In the U.S., just one commercial plant converts uranium into the gaseous form required for enrichment and only one commercial plant enriches that gas into nuclear fuel at the scale required to fuel power plants. No facility can produce significant volumes of the higher-grade fuel used by new reactor designs—High-Assay Low-Enriched Uranium, or HALEU. That also comes primarily from Russia, though the Department of Energy has posted billions in grant funding for private-sector enrichment projects in the U.S. 

“The U.S. [government] is moving very fast on this,” said James Walker, CEO of a startup called Nano Nuclear Energy and a former nuclear engineer at the U.K. Ministry of Defense. “Now the pressure is on everybody to ramp up as fast as they can.”

A whole cluster of advanced nuclear startups like Nano eagerly awaits the availability of American HALEU to begin testing their reactors, and they’ll purchase the new enrichment facilities’ product as soon as it becomes available, Walker said. 

However, even a booming domestic market for nuclear fuel doesn’t guarantee that American uranium miners will supply the needed raw material.

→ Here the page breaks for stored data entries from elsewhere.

-- ===== src/HostTests/Listing.antt =====
-- What the dump of a readable message is expected to list, and what it relies on of the library.
use ledger_sovereign.Base.{ℕ, zero, suc, ◌+◌, ◌-◌, ◌<◌, ◌≤◌, ◌≡◌, List, [], ◌∷◌, ◌++◌, length}
use ledger_sovereign.Base.Memory.{c_string}
use ledger_sovereign.Base.Text.{codes}
use ledger_sovereign.Platform.{Format}
use ledger_sovereign.HostTests.{page_mark}

-- pageStringHex into a buffer with room for one byte in hex: the text of the page and the number of
-- pages depend on the size, the input and the page, and not on what the buffer held; the text ends
-- inside the size, and there are at most 255 pages.
pub record PrintsPages (f : Format) : Type 0 where
  pub page_text : ℕ → List ℕ → ℕ → List ℕ
  pub page_total : ℕ → List ℕ → ℕ
  pub prints :
      (out : List ℕ) (size : ℕ) (input : List ℕ) (page : ℕ)
      → 3 ≤ size
      → size ≤ length out
      → let (out', pages) = f.page_string_hex out size input page in
        (c_string out' ≡ page_text size input page)
        × (pages ≡ page_total size input)
        × (length out' ≡ length out)
  pub ends :
      (size : ℕ) (input : List ℕ) (page : ℕ) → 3 ≤ size → length (page_text size input page) < size
  pub few : (size : ℕ) (input : List ℕ) → 3 ≤ size → page_total size input < 256

module _ (f : Format) (pages : PrintsPages f) (message : List ℕ) where
  -- The line of a page of the message, in outputs of 39 bytes.
  abbrev pub message_line : ℕ → List ℕ
  message_line page =
      codes "1 | Txn"
      ++ page_mark page (pages.page_total 39 message)
      ++ codes " : "
      ++ pages.page_text 39 message page

  -- The lines of `n` pages from `page` on.
  abbrev pub message_lines : ℕ → ℕ → List (List ℕ)
  message_lines zero page = []
  message_lines (suc n) page = message_line page ∷ message_lines n (page + 1)

  -- The announcement, and every page of the message; the first page even if there are none.
  abbrev pub listing : List (List ℕ)
  listing = codes "0 | Blind : Signing" ∷ message_lines (suc (pages.page_total 39 message - 1)) 0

New enrichment projects could continue to import uranium mined overseas—but government policies are making that harder, including with the Biden administration’s ban on imports of Russian uranium.

“We are making investments to build out a secure nuclear fuel supply chain here in the United States,” the announcement of that ban stated.

This year, Trump imposed tariffs on imports from 70 countries, including the top uranium producers: Kazakhstan, Canada and Namibia. 

“As long as we’re keeping that foreign uranium from coming in, then I think there is hope for domestic production,” said Brent Elliott, a geologist with the Bureau of Economic Geology at the University of Texas. But if “we can get it cheaper somewhere else, then that will more likely be the case.”